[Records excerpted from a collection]
= Beginning of Section =

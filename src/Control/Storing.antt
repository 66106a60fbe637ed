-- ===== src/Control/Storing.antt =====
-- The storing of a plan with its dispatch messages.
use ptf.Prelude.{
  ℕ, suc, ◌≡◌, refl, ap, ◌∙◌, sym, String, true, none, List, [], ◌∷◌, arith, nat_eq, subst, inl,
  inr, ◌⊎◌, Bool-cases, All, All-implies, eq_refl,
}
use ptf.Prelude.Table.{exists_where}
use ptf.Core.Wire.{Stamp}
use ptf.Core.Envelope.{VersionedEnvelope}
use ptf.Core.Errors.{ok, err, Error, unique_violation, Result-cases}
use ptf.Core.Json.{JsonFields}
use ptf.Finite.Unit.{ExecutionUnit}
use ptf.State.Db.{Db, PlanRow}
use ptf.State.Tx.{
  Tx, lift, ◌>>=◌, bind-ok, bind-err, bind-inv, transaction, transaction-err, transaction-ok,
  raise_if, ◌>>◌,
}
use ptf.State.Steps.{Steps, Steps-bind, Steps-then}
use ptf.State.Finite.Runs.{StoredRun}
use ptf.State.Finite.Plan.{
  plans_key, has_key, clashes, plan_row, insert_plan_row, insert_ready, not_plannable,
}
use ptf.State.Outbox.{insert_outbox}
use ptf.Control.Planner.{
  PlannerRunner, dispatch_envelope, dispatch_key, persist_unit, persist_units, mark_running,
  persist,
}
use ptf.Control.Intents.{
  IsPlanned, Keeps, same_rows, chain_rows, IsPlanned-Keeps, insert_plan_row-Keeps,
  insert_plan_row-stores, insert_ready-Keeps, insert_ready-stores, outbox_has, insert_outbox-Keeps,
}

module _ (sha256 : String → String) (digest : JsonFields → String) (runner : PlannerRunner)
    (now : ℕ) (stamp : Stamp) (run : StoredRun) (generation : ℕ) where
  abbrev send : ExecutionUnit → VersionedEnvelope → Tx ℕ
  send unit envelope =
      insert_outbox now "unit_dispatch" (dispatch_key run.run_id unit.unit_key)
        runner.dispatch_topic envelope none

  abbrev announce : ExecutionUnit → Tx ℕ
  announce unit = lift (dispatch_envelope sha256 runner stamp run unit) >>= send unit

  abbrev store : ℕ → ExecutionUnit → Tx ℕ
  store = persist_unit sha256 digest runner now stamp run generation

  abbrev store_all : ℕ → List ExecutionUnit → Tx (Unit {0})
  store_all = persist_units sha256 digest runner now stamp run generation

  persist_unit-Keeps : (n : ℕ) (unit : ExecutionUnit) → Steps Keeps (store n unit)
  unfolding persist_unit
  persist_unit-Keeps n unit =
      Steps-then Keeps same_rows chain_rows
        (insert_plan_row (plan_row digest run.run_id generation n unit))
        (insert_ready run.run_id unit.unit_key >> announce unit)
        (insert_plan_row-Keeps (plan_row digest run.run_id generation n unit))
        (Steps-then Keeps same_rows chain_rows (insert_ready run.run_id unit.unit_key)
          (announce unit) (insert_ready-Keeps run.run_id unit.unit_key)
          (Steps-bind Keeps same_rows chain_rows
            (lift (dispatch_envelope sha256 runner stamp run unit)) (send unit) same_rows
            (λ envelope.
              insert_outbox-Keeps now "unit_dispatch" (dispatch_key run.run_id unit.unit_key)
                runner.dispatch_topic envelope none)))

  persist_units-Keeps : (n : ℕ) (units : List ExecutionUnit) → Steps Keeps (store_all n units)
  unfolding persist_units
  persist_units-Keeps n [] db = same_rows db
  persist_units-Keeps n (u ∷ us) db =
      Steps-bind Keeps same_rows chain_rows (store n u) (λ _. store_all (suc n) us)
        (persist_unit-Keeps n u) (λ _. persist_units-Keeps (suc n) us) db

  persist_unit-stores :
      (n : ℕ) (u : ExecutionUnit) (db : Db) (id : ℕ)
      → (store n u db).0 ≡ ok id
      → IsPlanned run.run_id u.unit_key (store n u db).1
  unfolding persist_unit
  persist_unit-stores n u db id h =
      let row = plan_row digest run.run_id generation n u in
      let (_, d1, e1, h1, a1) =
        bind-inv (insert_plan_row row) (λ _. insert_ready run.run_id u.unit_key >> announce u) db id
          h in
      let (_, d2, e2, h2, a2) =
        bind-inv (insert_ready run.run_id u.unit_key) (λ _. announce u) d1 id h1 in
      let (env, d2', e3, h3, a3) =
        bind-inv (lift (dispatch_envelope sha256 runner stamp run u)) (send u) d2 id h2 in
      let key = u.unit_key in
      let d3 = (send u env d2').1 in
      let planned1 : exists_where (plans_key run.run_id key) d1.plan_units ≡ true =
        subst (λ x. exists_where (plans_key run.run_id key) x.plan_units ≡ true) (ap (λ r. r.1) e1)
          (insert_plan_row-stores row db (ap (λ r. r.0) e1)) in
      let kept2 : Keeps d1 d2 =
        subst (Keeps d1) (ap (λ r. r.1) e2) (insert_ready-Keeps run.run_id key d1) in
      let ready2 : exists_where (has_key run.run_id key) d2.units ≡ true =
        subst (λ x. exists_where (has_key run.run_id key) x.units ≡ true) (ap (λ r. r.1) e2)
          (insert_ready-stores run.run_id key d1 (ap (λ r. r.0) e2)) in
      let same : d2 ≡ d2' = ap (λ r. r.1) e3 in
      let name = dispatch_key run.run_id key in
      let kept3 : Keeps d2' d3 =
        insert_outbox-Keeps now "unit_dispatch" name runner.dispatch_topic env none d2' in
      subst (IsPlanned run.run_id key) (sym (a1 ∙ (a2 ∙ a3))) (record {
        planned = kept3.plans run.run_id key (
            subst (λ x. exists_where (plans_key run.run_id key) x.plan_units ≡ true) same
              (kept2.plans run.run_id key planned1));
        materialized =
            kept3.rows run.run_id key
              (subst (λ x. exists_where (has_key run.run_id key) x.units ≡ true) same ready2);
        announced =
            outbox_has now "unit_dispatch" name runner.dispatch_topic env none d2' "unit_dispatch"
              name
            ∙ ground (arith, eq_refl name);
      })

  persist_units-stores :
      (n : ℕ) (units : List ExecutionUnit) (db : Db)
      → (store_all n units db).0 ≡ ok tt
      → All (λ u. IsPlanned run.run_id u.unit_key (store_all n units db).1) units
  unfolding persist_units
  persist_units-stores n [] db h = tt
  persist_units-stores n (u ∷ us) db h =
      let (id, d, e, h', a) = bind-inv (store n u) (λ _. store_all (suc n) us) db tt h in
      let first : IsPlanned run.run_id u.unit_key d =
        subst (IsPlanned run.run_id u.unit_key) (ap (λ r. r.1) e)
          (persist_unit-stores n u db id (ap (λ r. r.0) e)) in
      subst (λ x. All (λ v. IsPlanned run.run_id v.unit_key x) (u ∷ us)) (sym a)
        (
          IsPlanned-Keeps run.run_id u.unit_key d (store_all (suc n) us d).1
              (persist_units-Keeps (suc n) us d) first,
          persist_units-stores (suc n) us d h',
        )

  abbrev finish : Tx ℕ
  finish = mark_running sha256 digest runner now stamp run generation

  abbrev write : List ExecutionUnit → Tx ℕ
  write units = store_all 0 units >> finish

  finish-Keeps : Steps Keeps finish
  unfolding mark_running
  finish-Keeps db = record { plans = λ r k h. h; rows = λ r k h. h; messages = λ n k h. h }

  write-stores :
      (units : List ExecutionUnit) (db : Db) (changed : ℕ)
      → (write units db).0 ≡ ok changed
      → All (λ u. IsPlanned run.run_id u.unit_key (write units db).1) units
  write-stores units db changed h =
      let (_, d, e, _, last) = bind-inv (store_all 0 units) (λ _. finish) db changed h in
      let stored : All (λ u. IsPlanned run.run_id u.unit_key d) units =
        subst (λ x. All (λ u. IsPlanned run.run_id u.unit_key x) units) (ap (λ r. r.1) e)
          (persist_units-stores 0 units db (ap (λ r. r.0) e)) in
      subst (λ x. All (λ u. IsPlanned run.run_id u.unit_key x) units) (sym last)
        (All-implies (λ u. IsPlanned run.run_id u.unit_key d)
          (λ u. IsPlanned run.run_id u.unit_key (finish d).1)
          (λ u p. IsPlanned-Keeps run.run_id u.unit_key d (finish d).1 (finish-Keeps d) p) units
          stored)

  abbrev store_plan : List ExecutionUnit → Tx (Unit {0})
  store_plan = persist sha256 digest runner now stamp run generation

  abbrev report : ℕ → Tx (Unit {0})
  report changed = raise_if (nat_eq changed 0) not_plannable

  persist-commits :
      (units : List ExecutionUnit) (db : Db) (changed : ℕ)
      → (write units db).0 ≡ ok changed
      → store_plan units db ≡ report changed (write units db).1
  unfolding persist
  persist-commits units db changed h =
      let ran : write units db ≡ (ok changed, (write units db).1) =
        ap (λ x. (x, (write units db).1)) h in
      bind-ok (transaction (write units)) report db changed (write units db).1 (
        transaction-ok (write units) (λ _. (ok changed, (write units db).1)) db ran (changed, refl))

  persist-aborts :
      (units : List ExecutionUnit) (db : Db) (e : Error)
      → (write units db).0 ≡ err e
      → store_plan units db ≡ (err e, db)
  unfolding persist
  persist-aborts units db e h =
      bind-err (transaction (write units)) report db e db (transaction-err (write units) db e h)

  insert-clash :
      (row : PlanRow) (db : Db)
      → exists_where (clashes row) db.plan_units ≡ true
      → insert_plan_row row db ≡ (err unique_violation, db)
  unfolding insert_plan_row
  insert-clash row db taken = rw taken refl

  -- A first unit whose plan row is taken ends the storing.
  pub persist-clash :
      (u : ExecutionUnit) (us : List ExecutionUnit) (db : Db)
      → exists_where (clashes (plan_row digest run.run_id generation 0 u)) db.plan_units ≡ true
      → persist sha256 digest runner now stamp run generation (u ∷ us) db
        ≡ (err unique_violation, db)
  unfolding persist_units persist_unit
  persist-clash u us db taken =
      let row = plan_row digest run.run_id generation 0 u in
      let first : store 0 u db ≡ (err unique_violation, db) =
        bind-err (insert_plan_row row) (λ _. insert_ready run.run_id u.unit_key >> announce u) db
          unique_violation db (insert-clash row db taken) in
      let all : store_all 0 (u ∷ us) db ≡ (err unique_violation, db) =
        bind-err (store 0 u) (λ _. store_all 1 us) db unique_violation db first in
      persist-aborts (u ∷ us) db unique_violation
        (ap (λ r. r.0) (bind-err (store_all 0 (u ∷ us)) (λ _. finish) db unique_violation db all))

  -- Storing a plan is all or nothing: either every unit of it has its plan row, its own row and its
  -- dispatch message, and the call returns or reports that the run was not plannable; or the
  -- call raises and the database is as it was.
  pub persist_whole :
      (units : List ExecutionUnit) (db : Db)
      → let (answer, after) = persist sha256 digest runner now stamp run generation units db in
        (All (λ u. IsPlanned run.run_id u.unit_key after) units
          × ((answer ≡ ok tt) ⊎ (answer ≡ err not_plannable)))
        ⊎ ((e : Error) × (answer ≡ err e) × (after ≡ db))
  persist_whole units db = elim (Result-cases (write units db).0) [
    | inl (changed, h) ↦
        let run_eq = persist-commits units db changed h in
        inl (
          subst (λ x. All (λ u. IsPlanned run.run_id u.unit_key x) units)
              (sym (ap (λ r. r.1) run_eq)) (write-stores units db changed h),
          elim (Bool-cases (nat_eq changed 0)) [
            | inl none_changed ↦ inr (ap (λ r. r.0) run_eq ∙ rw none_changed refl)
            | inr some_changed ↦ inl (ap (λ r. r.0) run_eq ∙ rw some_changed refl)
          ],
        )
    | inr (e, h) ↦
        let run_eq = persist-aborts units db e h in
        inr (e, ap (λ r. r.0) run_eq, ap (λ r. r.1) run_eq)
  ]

= End of Section =
= Beginning of Section =

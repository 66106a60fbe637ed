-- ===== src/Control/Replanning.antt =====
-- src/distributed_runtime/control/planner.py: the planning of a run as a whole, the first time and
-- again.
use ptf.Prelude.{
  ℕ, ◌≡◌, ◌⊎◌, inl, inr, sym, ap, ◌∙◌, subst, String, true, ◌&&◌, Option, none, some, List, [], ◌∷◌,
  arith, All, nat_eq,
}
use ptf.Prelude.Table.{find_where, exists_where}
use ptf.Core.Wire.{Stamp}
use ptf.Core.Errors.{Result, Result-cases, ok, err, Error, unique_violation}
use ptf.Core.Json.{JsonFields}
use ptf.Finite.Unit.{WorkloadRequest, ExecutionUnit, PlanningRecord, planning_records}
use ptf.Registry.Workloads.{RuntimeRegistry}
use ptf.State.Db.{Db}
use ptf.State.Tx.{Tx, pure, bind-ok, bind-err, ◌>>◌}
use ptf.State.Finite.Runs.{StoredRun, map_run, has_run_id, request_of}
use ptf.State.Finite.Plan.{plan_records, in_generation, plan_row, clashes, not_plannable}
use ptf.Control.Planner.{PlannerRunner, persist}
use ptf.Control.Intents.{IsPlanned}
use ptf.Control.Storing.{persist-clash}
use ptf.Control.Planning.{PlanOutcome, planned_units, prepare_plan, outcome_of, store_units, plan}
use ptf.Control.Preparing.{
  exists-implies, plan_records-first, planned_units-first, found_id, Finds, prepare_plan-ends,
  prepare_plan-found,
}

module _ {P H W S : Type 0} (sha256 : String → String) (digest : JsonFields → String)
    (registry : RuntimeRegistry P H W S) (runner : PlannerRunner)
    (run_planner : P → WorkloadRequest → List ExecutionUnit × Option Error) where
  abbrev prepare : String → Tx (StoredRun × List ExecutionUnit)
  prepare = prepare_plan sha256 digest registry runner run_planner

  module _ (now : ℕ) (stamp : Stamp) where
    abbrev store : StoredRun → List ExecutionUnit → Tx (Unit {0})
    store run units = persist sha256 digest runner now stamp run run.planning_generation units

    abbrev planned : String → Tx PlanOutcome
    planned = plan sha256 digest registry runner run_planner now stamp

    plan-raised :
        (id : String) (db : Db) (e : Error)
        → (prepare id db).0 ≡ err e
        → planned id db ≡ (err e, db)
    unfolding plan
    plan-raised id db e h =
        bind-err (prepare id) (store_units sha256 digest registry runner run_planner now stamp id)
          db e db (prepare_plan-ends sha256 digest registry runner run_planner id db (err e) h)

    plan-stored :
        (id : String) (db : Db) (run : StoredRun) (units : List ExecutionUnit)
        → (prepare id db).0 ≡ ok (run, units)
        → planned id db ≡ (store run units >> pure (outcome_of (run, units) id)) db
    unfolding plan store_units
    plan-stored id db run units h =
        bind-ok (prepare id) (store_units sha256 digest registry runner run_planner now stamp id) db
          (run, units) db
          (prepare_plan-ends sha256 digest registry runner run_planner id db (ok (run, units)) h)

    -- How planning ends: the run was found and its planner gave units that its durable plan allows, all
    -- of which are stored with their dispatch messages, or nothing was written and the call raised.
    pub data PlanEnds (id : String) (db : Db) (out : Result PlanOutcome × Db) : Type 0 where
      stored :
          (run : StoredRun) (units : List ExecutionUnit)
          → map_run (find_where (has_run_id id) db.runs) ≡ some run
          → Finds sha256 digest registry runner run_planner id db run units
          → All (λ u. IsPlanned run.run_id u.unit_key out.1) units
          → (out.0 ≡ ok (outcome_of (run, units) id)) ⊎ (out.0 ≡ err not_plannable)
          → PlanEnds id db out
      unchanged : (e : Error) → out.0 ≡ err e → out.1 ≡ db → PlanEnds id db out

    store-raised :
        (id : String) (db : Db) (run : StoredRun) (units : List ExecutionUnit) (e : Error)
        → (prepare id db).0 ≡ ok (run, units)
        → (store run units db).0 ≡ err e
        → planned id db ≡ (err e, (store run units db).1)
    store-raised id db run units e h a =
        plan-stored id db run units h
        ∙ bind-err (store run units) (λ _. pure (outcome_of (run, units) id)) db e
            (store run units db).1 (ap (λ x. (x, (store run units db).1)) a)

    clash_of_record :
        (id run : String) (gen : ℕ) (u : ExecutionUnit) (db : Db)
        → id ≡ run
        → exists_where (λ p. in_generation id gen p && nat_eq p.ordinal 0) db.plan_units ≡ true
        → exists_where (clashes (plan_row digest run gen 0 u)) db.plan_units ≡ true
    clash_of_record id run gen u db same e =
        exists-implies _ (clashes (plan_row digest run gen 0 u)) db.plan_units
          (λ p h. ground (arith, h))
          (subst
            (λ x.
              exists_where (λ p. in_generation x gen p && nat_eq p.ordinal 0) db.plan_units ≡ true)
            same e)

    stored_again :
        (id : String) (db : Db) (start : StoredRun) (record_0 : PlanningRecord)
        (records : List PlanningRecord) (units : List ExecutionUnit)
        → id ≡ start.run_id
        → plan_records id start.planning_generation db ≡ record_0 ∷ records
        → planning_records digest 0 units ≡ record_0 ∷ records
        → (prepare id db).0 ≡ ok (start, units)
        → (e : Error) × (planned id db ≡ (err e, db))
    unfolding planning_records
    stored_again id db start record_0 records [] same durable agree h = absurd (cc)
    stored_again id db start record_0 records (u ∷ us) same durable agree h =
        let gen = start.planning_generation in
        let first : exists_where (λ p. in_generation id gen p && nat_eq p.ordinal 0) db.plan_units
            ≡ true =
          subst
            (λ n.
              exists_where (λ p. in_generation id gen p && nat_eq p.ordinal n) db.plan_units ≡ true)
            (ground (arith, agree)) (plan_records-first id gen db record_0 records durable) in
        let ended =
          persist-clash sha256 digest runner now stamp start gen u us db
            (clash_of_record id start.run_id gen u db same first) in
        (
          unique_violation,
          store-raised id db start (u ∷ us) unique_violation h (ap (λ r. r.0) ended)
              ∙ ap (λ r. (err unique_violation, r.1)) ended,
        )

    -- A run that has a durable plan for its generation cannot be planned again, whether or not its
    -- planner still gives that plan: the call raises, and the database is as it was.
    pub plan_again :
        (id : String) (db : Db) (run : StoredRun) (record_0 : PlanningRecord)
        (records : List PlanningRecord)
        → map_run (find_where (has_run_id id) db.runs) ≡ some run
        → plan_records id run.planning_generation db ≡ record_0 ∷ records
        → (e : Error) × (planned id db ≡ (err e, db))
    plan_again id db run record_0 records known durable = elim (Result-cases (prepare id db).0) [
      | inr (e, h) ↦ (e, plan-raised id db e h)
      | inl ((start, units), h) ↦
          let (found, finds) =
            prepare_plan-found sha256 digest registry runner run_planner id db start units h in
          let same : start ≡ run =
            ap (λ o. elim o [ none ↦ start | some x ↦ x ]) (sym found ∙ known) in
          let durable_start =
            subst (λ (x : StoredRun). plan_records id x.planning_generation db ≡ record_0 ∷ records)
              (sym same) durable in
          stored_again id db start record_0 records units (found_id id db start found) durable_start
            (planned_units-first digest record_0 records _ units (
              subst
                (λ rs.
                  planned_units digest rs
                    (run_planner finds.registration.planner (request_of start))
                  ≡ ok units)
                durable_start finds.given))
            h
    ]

= End of Section =

Starting at the line above that holds "start.planning_generation db ≡ record_0 ∷ records" and ending at the line that holds "stored_again id db start record_0 records (u", transcribe each line exactly and include no other lines.

        → plan_records id start.planning_generation db ≡ record_0 ∷ records
        → planning_records digest 0 units ≡ record_0 ∷ records
        → (prepare id db).0 ≡ ok (start, units)
        → (e : Error) × (planned id db ≡ (err e, db))
    unfolding planning_records
    stored_again id db start record_0 records [] same durable agree h = absurd (cc)
    stored_again id db start record_0 records (u ∷ us) same durable agree h =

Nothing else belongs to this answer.